(Dataset entries)
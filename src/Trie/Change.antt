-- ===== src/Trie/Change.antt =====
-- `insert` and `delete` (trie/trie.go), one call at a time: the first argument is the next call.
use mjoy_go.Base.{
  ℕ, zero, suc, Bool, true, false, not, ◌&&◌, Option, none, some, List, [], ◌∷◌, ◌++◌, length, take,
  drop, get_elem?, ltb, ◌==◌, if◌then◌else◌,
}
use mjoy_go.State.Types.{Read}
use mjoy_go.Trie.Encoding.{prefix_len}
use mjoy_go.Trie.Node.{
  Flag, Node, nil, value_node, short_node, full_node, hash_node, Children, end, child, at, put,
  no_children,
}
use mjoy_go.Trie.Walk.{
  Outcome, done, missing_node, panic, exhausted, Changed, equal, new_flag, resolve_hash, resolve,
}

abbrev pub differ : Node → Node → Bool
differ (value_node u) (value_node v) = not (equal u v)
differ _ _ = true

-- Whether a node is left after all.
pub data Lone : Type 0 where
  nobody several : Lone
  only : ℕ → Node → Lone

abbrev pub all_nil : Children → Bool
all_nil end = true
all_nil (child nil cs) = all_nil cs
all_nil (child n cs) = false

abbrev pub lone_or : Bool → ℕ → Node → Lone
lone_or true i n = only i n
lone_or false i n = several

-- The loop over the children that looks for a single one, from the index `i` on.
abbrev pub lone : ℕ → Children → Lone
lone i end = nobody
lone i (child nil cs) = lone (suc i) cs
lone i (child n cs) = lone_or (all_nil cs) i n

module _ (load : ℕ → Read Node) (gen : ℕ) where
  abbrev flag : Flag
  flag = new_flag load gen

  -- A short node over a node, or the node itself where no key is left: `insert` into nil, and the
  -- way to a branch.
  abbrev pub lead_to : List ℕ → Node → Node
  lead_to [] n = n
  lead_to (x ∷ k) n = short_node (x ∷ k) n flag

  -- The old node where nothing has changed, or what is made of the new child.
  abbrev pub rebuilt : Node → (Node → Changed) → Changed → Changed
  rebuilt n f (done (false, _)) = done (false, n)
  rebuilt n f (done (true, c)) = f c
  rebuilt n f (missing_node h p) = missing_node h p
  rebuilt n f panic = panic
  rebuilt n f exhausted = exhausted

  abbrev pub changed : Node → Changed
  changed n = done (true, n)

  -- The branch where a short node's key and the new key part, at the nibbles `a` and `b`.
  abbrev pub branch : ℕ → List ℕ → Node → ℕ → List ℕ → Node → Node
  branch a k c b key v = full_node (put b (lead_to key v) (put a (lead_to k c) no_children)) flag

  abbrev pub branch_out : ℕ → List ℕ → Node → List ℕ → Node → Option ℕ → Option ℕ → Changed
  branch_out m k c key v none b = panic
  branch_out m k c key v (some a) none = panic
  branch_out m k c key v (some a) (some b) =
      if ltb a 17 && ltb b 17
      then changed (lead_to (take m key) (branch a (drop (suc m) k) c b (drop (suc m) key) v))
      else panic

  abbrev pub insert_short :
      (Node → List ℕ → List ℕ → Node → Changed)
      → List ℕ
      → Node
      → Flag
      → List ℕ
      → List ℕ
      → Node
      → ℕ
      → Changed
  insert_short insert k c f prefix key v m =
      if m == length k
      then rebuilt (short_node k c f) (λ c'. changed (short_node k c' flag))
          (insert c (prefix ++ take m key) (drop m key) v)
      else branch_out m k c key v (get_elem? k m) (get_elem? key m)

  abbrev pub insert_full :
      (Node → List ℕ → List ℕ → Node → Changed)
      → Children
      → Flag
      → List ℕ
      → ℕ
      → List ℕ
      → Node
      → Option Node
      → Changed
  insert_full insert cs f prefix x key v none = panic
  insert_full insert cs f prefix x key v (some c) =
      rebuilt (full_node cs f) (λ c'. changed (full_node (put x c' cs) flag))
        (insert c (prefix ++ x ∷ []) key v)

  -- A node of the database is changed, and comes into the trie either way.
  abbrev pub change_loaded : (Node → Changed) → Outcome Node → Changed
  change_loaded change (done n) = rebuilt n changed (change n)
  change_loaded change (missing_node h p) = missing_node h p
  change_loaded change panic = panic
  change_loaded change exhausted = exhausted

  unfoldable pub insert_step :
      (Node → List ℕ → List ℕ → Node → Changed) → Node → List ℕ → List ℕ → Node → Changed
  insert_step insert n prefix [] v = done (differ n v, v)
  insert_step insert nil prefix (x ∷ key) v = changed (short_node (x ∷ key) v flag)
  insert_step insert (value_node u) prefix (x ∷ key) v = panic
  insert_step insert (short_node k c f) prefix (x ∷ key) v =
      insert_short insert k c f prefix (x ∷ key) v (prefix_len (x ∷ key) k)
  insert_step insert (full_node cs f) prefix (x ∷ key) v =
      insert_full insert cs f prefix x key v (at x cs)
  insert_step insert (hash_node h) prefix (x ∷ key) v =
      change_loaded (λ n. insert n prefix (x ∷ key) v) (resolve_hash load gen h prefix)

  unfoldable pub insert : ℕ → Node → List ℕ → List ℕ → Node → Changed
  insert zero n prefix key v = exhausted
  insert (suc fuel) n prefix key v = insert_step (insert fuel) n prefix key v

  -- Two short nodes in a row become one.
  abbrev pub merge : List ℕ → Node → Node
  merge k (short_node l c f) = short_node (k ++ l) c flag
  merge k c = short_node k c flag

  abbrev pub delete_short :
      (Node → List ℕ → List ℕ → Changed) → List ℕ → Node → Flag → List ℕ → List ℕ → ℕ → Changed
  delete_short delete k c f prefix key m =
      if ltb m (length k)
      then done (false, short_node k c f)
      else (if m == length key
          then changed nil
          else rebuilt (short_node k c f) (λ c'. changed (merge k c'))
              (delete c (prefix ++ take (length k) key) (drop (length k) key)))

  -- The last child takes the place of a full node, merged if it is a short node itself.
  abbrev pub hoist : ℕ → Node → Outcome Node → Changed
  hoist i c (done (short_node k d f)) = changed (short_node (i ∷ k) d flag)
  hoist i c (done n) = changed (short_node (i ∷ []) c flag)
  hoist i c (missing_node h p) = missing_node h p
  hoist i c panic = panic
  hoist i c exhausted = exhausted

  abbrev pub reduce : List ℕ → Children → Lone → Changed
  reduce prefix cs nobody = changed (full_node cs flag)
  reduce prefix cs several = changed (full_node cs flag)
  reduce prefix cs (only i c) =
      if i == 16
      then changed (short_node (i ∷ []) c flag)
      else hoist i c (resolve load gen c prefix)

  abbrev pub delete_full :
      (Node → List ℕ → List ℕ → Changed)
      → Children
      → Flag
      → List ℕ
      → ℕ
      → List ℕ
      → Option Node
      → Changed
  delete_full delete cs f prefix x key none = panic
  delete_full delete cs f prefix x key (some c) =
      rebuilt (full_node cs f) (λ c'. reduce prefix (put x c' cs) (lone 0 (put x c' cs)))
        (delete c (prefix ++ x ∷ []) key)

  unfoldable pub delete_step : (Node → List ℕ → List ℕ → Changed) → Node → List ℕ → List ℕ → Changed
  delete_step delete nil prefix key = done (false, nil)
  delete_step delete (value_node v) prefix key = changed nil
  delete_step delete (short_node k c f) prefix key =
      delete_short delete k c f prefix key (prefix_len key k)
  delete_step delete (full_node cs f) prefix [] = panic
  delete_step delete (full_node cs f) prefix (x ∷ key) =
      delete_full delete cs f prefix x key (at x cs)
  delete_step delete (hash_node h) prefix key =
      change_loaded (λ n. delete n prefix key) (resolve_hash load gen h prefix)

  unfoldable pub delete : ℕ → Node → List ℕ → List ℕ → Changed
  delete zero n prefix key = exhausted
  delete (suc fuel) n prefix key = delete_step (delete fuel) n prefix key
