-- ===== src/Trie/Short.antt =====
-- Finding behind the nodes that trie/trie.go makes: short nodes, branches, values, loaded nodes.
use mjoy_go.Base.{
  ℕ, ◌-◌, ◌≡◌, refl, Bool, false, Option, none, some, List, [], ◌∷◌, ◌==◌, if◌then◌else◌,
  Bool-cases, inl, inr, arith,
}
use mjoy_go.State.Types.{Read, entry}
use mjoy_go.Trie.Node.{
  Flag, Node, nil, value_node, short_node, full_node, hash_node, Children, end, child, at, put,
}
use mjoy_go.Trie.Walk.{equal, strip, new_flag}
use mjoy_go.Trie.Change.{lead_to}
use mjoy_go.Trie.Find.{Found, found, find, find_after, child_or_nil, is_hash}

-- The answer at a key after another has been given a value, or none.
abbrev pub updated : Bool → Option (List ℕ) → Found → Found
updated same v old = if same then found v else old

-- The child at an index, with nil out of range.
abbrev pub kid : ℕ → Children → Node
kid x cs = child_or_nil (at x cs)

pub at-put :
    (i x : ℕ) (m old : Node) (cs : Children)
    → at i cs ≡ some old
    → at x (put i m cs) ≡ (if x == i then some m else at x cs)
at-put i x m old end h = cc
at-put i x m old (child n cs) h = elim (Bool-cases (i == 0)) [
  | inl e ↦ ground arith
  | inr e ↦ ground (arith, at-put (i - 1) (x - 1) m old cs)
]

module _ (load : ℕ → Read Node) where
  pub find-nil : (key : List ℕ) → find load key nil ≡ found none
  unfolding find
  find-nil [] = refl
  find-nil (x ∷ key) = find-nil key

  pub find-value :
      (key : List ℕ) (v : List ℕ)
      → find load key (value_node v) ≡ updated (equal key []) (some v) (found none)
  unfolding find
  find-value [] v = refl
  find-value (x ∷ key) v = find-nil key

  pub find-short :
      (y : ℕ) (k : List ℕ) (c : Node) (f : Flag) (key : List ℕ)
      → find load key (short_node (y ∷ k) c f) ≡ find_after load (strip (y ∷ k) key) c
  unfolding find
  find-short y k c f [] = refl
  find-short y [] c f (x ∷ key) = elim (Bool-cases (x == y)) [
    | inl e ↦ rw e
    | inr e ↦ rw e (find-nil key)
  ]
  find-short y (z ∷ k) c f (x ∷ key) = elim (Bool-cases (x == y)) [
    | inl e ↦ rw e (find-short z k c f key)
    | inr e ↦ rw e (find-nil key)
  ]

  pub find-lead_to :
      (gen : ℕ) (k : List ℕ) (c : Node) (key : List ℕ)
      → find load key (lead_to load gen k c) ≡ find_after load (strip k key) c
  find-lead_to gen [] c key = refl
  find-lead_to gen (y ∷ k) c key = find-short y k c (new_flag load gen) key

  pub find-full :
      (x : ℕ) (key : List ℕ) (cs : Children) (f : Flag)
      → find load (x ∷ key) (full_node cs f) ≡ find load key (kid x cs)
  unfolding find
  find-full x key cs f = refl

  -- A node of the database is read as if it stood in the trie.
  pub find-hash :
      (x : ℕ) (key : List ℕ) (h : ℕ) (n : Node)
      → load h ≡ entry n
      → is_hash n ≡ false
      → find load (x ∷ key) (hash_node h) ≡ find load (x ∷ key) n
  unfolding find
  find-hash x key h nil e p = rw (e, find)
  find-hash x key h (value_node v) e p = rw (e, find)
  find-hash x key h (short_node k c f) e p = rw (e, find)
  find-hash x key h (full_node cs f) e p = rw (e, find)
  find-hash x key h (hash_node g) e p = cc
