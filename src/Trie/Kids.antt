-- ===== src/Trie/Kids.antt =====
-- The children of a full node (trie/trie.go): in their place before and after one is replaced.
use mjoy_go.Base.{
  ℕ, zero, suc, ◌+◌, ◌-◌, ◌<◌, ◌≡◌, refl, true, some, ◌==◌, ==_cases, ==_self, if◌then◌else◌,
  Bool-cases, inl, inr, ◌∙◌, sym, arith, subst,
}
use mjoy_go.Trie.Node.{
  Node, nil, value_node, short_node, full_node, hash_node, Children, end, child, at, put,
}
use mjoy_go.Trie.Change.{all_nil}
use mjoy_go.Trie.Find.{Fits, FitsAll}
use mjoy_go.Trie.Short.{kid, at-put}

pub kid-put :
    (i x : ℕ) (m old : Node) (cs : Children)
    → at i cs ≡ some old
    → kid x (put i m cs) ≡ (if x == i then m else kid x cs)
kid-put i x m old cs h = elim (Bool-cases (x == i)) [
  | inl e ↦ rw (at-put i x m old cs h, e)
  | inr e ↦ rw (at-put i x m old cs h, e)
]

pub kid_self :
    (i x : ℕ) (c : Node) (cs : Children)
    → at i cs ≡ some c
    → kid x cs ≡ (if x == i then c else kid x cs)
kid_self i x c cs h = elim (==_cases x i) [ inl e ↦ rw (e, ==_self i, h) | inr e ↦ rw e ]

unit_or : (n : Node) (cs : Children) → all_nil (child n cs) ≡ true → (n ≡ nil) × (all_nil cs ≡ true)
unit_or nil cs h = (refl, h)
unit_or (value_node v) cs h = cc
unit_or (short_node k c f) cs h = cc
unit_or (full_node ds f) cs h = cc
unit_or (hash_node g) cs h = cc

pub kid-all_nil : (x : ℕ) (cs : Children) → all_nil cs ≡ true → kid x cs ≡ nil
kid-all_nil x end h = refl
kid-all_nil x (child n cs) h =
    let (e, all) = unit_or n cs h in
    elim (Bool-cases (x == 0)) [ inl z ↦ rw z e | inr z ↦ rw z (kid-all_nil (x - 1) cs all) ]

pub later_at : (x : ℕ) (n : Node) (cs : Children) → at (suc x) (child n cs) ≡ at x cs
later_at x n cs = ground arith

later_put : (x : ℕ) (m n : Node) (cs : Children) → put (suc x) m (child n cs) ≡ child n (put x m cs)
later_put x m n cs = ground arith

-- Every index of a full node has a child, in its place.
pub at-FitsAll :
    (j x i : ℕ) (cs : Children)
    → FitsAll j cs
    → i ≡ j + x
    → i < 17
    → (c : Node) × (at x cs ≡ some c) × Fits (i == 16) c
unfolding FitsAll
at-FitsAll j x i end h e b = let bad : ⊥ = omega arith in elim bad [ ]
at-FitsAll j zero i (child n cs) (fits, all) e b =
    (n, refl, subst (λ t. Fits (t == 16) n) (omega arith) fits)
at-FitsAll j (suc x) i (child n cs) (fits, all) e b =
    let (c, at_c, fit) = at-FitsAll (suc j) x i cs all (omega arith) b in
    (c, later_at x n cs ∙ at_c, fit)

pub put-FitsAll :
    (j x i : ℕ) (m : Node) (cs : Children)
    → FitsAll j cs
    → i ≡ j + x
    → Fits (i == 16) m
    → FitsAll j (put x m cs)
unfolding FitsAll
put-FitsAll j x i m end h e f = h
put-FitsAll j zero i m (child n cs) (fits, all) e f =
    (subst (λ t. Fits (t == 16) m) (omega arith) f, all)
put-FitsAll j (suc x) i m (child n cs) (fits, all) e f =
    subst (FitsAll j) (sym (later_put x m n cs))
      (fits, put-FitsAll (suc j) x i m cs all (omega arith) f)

WHAT THE TASK ASKS: Go over the data above and copy every line that has the word "exhausted" in it.

YOUR RESPONSE:
  Outcome, done, missing_node, panic, exhausted, Changed, equal, new_flag, resolve_hash, resolve,
  rebuilt n f exhausted = exhausted
  change_loaded change exhausted = exhausted
  insert zero n prefix key v = exhausted
  hoist i c exhausted = exhausted
  delete zero n prefix key = exhausted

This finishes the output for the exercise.